Is it the need for a gender specific Forum?
Or is it last minute resistance?


----------



## Cletus (Apr 27, 2012)

marduk said:


> Just because you create a thread doesn't mean you get to control who (or what) kinds of responses you get.


See? That's the difference between a beta response and an alpha response.


----------



## Cletus (Apr 27, 2012)

Mr. Nail said:


> So what is the current topic of this thread?
> Is it AC?
> Is it the need for a gender specific Forum?
> Or is it last minute resistance?


It's pretty clearly the need to overcome last minute resistance to affirming the need for a gender specific forum.

Do try to keep up.


----------



## Forest (Mar 29, 2014)

Mr. Nail said:


> So what is the current topic of this thread?
> Is it AC?
> Is it the need for a gender specific Forum?
> Or is it last minute resistance?


Yeah, this thing is screwed. However, for all these situations, you can guard yourself by watching out and avoiding these type of people, because they sneak up on you when you least expect it:

From BPD Central, some of the Hallmarks of Narcissistic Personality Disorder:

Lacks empathy: is unwilling to recognize or identify with the feelings and needs of others

Has a grandiose sense of self-importance

Has a sense of entitlement

Is interpersonally exploitative, i.e., takes advantage of others to achieve his or her own ends

Requires excessive admiration

Shows arrogant, haughty behaviors or attitudes

Believes that he or she is "special" and unique


----------



## Mr. Nail (Apr 26, 2011)

Last minute resistance is a pretty poor plan (assuming it was planned) and a rotten place to be if you didn't plan it. Here is how you overcome last minute resistance.

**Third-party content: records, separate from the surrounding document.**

-- ===== src/Cipherpy/Accepts.antt =====
-- The two AEAD ciphers accept exactly what they seal.
use python_proxy.Base.{ℕ, ◌≡◌, ◌↔◌, ◌⊎◌, subst, some, List, Bytes, IsBytes, length, arith}
use python_proxy.Cipherpy.Process.Laws.{process_tagged-process_iff}
use python_proxy.Cipherpy.ChaCha.{chacha_start}
use python_proxy.Cipherpy.ChaCha.Start.{chacha_start-Starts}
use python_proxy.Cipherpy.Poly1305.{encrypt_packet, poly1305, chacha_poly}
use python_proxy.Cipherpy.Poly1305.Laws.{encrypt_packet-IsCrypt}
use python_proxy.Cipherpy.Gcm.{IsBlock, gcm_crypt, gcm_mac, gcm_backend}
use python_proxy.Cipherpy.Gcm.Bounds.{Word}
use python_proxy.Cipherpy.Gcm.Laws.{gcm_crypt-IsCrypt}
use python_proxy.Cipherpy.Aes.{aes_new, aes_encrypt}
use python_proxy.Cipherpy.Aes.Block.{Expanded, aes_new-Expanded}

-- Under a key of 32 bytes and a nonce of 12, ChaCha20-Poly1305 accepts a chunk with a tag as a text
-- exactly when sealing the text gives this chunk and this tag.
pub chacha_poly-accepts_iff :
    (key nonce chunk tag plain : Bytes)
    → length key ≡ 32
    → length nonce ≡ 12
    → ((chacha_poly key).unseal nonce chunk tag ≡ some plain)
      ↔ ((chacha_poly key).seal nonce plain ≡ some (chunk, tag))
chacha_poly-accepts_iff key nonce chunk tag plain e f =
    process_tagged-process_iff (encrypt_packet (chacha_start key)) (poly1305 (chacha_start key))
      nonce chunk tag plain
      (λ s.
        encrypt_packet-IsCrypt (chacha_start key) nonce s
          (chacha_start-Starts key nonce 1 e f (omega arith)))

blocks_of :
    (key : Bytes) (ekey : List Bytes)
    → Expanded key
    → aes_new key ≡ some ekey
    → (n : ℕ) → Word n
    → IsBlock (aes_encrypt ekey) n
blocks_of key ekey a e =
    subst (λ (k : List Bytes). (n : ℕ) → Word n → IsBlock (aes_encrypt k) n) {x = a.ekey} {y = ekey}
      (cc (e, a.made)) a.blocks

-- Under the expansion of a key of 16, 24 or 32 bytes, with any table `hkey` and a nonce of 12 bytes,
-- AES-GCM accepts a chunk with a tag as a text exactly when sealing the text gives this chunk and
-- this tag.
pub aes_gcm-accepts_iff :
    (key : Bytes) (ekey : List Bytes) (hkey : List ℕ) (nonce chunk tag plain : Bytes)
    → IsBytes key
    → (length key ≡ 16) ⊎ ((length key ≡ 24) ⊎ (length key ≡ 32))
    → aes_new key ≡ some ekey
    → length nonce ≡ 12
    → IsBytes nonce
    → ((gcm_backend (aes_encrypt ekey) hkey).unseal nonce chunk tag ≡ some plain)
      ↔ ((gcm_backend (aes_encrypt ekey) hkey).seal nonce plain ≡ some (chunk, tag))
aes_gcm-accepts_iff key ekey hkey nonce chunk tag plain h sizes e f bytes =
    process_tagged-process_iff (gcm_crypt (aes_encrypt ekey)) (gcm_mac (aes_encrypt ekey) hkey)
      nonce chunk tag plain
      (λ s.
        gcm_crypt-IsCrypt (aes_encrypt ekey) (blocks_of key ekey (aes_new-Expanded key h sizes) e)
          hkey nonce s f bytes)
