-- ===== src/Cipherpy/ChaCha/Counter.antt =====
-- The block counter in the words 12 and 13 of a ChaCha20 state.
use python_proxy.Base.{
  ℕ, zero, suc, ◌+◌, ◌*◌, ◌^◌, ◌<◌, ◌≡◌, refl, subst, ◌∙◌, Bool, true, false, List, ◌==◌, ==_iff,
  if◌then◌else◌, length, length-set, get_or, set, get_or-set_same, get_or-set_other, arith,
}
use python_proxy.Cipherpy.ChaCha.{next_block}

abbrev pub block_counter : List ℕ → ℕ
block_counter h = get_or h 12 0 + 2 ^ 32 * get_or h 13 0

-- The state that block `n` is made from.
pub after_blocks : ℕ → List ℕ → List ℕ
after_blocks zero h = h
after_blocks (suc n) h = next_block (after_blocks n h)

record IsCounted (h : List ℕ) (count : ℕ) : Type 0 where
  pub size : length h ≡ 16
  pub low : get_or h 12 0 < 2 ^ 32
  pub value : block_counter h ≡ count

next_block-IsCounted :
    (h : List ℕ) (count : ℕ) → IsCounted h count → IsCounted (next_block h) (count + 1)
unfolding next_block
next_block-IsCounted h count c = go (get_or h 12 0 == 0xffffffff) refl
  where
    go :
        (b : Bool)
        → (get_or h 12 0 == 0xffffffff) ≡ b
        → IsCounted
            (if b then set (set h 12 0) 13 (get_or h 13 0 + 1) else set h 12 (get_or h 12 0 + 1))
            (count + 1)
    go true e =
        let at_limit = (==_iff (get_or h 12 0) 0xffffffff).0 e in
        let low : get_or (set (set h 12 0) 13 (get_or h 13 0 + 1)) 12 0 ≡ 0 =
          get_or-set_other (set h 12 0) 13 12 (get_or h 13 0 + 1) 0 (λ k. omega arith)
          ∙ get_or-set_same h 12 0 0 (omega (arith, c.size)) in
        let high : get_or (set (set h 12 0) 13 (get_or h 13 0 + 1)) 13 0 ≡ get_or h 13 0 + 1 =
          get_or-set_same (set h 12 0) 13 (get_or h 13 0 + 1) 0
            (omega (arith, length-set h 12 0, c.size)) in
        record {
          size = length-set (set h 12 0) 13 _ ∙ length-set h 12 0 ∙ c.size;
          low = omega (arith, low);
          value = omega (arith, low, high, at_limit, c.value);
        }
    go false e =
        let low : get_or (set h 12 (get_or h 12 0 + 1)) 12 0 ≡ get_or h 12 0 + 1 =
          get_or-set_same h 12 (get_or h 12 0 + 1) 0 (omega (arith, c.size)) in
        let high : get_or (set h 12 (get_or h 12 0 + 1)) 13 0 ≡ get_or h 13 0 =
          get_or-set_other h 12 13 (get_or h 12 0 + 1) 0 (λ k. omega arith) in
        record {
          size = length-set h 12 _ ∙ c.size;
          low = ground (arith, low, c.low, e);
          value = omega (arith, low, high, c.value);
        }

after_blocks-IsCounted :
    (n : ℕ) (h : List ℕ)
    → length h ≡ 16
    → get_or h 12 0 < 2 ^ 32
    → IsCounted (after_blocks n h) (block_counter h + n)
unfolding after_blocks
after_blocks-IsCounted zero h e k = record { size = e; low = k; value = omega arith }
after_blocks-IsCounted (suc n) h e k =
    subst (IsCounted (next_block (after_blocks n h))) (omega arith) (
      next_block-IsCounted (after_blocks n h) (block_counter h + n)
        (after_blocks-IsCounted n h e k))

-- From a state of 16 words whose word 12 is a 32-bit word, the two words of the counter, read as one
-- number, go up by one with each block, across the carry into word 13, and word 12 stays a 32-bit
-- word: no two blocks of a session are made at one value.
pub after_blocks-block_counter :
    (n : ℕ) (h : List ℕ)
    → length h ≡ 16
    → get_or h 12 0 < 2 ^ 32
    → (block_counter (after_blocks n h) ≡ block_counter h + n)
      × (get_or (after_blocks n h) 12 0 < 2 ^ 32)
after_blocks-block_counter n h e k = let c = after_blocks-IsCounted n h e k in (c.value, c.low)
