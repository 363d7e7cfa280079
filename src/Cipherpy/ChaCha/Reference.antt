-- ===== src/Cipherpy/ChaCha/Reference.antt =====
-- The ChaCha20 rounds on 32-bit words, as RFC 8439 defines them, and the code's agreement with them.
use python_proxy.Base.{
  ℕ, zero, suc, ◌+◌, ◌-◌, ◌*◌, ◌/◌, ◌%◌, ◌^◌, ◌<◌, ◌≡◌, refl, sym, ap, ap₂, ◌∙◌, List, [], ◌∷◌, map,
  Bytes, bit_and-ones, bit_or, bit_or-lt, bit_xor, bit_xor-mod, get_or, set, arith,
}
use python_proxy.Cipherpy.ChaCha.{
  rol, Order, add_word, rotate_word, quarter, quarters, orders_chacha20, chacha20_round, pack,
  sum_words, chacha_block,
}
use native.Mathlib.Nat.{mod-eq_of_lt, mul-suc}

abbrev pub wrap : ℕ → ℕ
wrap x = x % 2 ^ 32

pub rotate_left : ℕ → ℕ → ℕ
rotate_left x n = bit_or (x * 2 ^ n % 2 ^ 32) (x / 2 ^ (32 - n))

pub add_32 : ℕ → ℕ → List ℕ → List ℕ
add_32 i j h = set h i ((get_or h i 0 + get_or h j 0) % 2 ^ 32)

pub rotate_32 : ℕ → ℕ → ℕ → List ℕ → List ℕ
rotate_32 i j n h = set h i (rotate_left (bit_xor (get_or h i 0) (get_or h j 0)) n)

-- `QUARTERROUND(a, b, c, d)` of section 2.2 on the words of the state.
pub quarter_round : ℕ → ℕ → ℕ → ℕ → List ℕ → List ℕ
quarter_round a b c d h =
    let h1 = rotate_32 d a 16 (add_32 a b h) in
    let h2 = rotate_32 b c 12 (add_32 c d h1) in
    let h3 = rotate_32 d a 8 (add_32 a b h2) in rotate_32 b c 7 (add_32 c d h3)

-- `inner_block` of section 2.3: a round on the columns and one on the diagonals.
pub columns : List ℕ → List ℕ
columns h =
    let h1 = quarter_round 0 4 8 12 h in
    let h2 = quarter_round 1 5 9 13 h1 in
    let h3 = quarter_round 2 6 10 14 h2 in quarter_round 3 7 11 15 h3

pub diagonals : List ℕ → List ℕ
diagonals h =
    let h1 = quarter_round 0 5 10 15 h in
    let h2 = quarter_round 1 6 11 12 h1 in
    let h3 = quarter_round 2 7 8 13 h2 in quarter_round 3 4 9 14 h3

pub inner_blocks : ℕ → List ℕ → List ℕ
inner_blocks zero h = h
inner_blocks (suc n) h = inner_blocks n (diagonals (columns h))

-- The words in little-endian order, four bytes each.
pub serialize : List ℕ → Bytes
serialize [] = []
serialize (w ∷ ws) = w % 256 ∷ w / 2 ^ 8 % 256 ∷ w / 2 ^ 16 % 256 ∷ w / 2 ^ 24 % 256 ∷ serialize ws

map-set : (h : List ℕ) (i v : ℕ) → map wrap (set h i v) ≡ set (map wrap h) i (wrap v)
map-set [] i v = refl
map-set (x ∷ h) zero v = refl
map-set (x ∷ h) (suc i) v = ap (λ t. wrap x ∷ t) (map-set h i v)

get_or-map : (h : List ℕ) (i : ℕ) → get_or (map wrap h) i 0 ≡ wrap (get_or h i 0)
get_or-map [] i = omega arith
get_or-map (x ∷ h) zero = refl
get_or-map (x ∷ h) (suc i) = get_or-map h i

wrap-add : (x y : ℕ) → wrap (x + y) ≡ (wrap x + wrap y) % 2 ^ 32
wrap-add x y = omega arith

add_word-map : (i j : ℕ) (h : List ℕ) → map wrap (add_word i j h) ≡ add_32 i j (map wrap h)
unfolding add_word add_32
add_word-map i j h =
    map-set h i (get_or h i 0 + get_or h j 0)
    ∙ ap (set (map wrap h) i) (
        wrap-add (get_or h i 0) (get_or h j 0)
        ∙ ap₂ (λ (x : ℕ) (y : ℕ). (x + y) % 2 ^ 32) (sym (get_or-map h i)) (sym (get_or-map h j)))

wrap-mul : (x p : ℕ) → x * p % 2 ^ 32 ≡ wrap x * p % 2 ^ 32
wrap-mul x zero = omega arith
wrap-mul x (suc p) = omega (arith, wrap-mul x p, mul-suc x p, mul-suc (wrap x) p)

rol-wrap : (x n : ℕ) → rol x n ≡ rotate_left (wrap x) n
unfolding rol rotate_left
rol-wrap x n =
    ap₂ bit_or (bit_and-ones 32 (x * 2 ^ n) ∙ wrap-mul x (2 ^ n))
      (ap (λ (y : ℕ). y / 2 ^ (32 - n)) (bit_and-ones 32 x))

rotate_left-lt : (x n : ℕ) → x < 2 ^ 32 → rotate_left x n < 2 ^ 32
unfolding rotate_left
rotate_left-lt x n h =
    bit_or-lt 32 (x * 2 ^ n % 2 ^ 32) (x / 2 ^ (32 - n)) (omega arith) (grind arith)

rotate_word-map :
    (i j n : ℕ) (h : List ℕ) → map wrap (rotate_word i j n h) ≡ rotate_32 i j n (map wrap h)
unfolding rotate_word rotate_32
rotate_word-map i j n h =
    let x = bit_xor (get_or h i 0) (get_or h j 0) in
    let small = rotate_left-lt (wrap x) n (omega arith) in
    map-set h i (rol x n)
    ∙ ap (set (map wrap h) i) (
        ap wrap (rol-wrap x n)
        ∙ mod-eq_of_lt small
        ∙ ap (λ (y : ℕ). rotate_left y n)
            (bit_xor-mod 32 (get_or h i 0) (get_or h j 0)
              ∙ ap₂ bit_xor (sym (get_or-map h i)) (sym (get_or-map h j))))

quarter-map :
    (o : Order) (h : List ℕ) → map wrap (quarter o h) ≡ quarter_round o.a o.b o.c o.d (map wrap h)
unfolding quarter quarter_round
quarter-map o h = simp (rotate_word-map, add_word-map) refl

-- The quarter rounds of a list of orders.
quarter_rounds : List Order → List ℕ → List ℕ
quarter_rounds [] h = h
quarter_rounds (o ∷ os) h = quarter_rounds os (quarter_round o.a o.b o.c o.d h)

quarters-map :
    (os : List Order) (h : List ℕ) → map wrap (quarters os h) ≡ quarter_rounds os (map wrap h)
unfolding quarters quarter_rounds
quarters-map [] h = refl
quarters-map (o ∷ os) h = quarters-map os (quarter o h) ∙ ap (quarter_rounds os) (quarter-map o h)

-- The orders of the code are ten inner blocks.
orders-inner_blocks : (h : List ℕ) → quarter_rounds orders_chacha20 h ≡ inner_blocks 10 h
unfolding quarter_rounds columns diagonals inner_blocks
orders-inner_blocks h = refl

-- The rounds on integers that never wrap are, word for word, the rounds on 32-bit words.
pub chacha20_round-wraps : (h : List ℕ) → map wrap (chacha20_round h) ≡ inner_blocks 10 (map wrap h)
unfolding chacha20_round
chacha20_round-wraps h = quarters-map orders_chacha20 h ∙ orders-inner_blocks (map wrap h)

pack-serialize : (ws : List ℕ) → pack ws ≡ serialize ws
unfolding pack serialize
pack-serialize [] = refl
pack-serialize (w ∷ ws) =
    let d2 : w / 256 / 256 ≡ w / 2 ^ 16 = omega arith in
    let d3 : w / 256 / 256 / 256 ≡ w / 2 ^ 24 = omega arith in rw (d3, d2, pack-serialize ws) refl

pub sum_32 : List ℕ → List ℕ → List ℕ
sum_32 [] bs = []
sum_32 (a ∷ as_) [] = []
sum_32 (a ∷ as_) (b ∷ bs) = (a + b) % 2 ^ 32 ∷ sum_32 as_ bs

sum_words-wraps : (as_ bs : List ℕ) → sum_words as_ bs ≡ sum_32 (map wrap as_) (map wrap bs)
unfolding sum_words sum_32
sum_words-wraps [] bs = refl
sum_words-wraps (a ∷ as_) [] = refl
sum_words-wraps (a ∷ as_) (b ∷ bs) =
    ap₂ ◌∷◌ (bit_and-ones 32 (a + b) ∙ omega arith) (sum_words-wraps as_ bs)

-- Every key block is the block that RFC 8439 defines on the 32-bit words of the state, with its ten
-- pairs of rounds, the sum with the state and the serialization, also where the block counter has
-- grown beyond a word.
pub chacha_block-wraps :
    (h : List ℕ) → chacha_block h ≡ serialize (sum_32 (inner_blocks 10 (map wrap h)) (map wrap h))
unfolding chacha_block
chacha_block-wraps h =
    pack-serialize (sum_words (chacha20_round h) h)
    ∙ ap serialize (
        sum_words-wraps (chacha20_round h) h
        ∙ ap (λ z. sum_32 z (map wrap h)) (chacha20_round-wraps h))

Get dressed and drive home, or get dressed and drive her home. If you need gender equality get dressed and kick him out.

This will prevent sexual assault. It could also prevent follow up dates. That could be good or bad, depending on your viewpoint. It should prevent a recurrence of the last minute resistance.


----------



## Marduk (Jul 16, 2010)

Cletus said:


> See? That's the difference between a beta response and an alpha response.


Huh?


----------



## EleGirl (Dec 3, 2011)

For those who want a boy's club house that has a 'NO GIRLS" sign, why not create your own social group...

http://talkaboutmarriage.com/groups/


----------



## RandomDude (Dec 18, 2010)

I only wanted to start one discussion on a very specific topic, not to create a bloody male-only social club EleGirl!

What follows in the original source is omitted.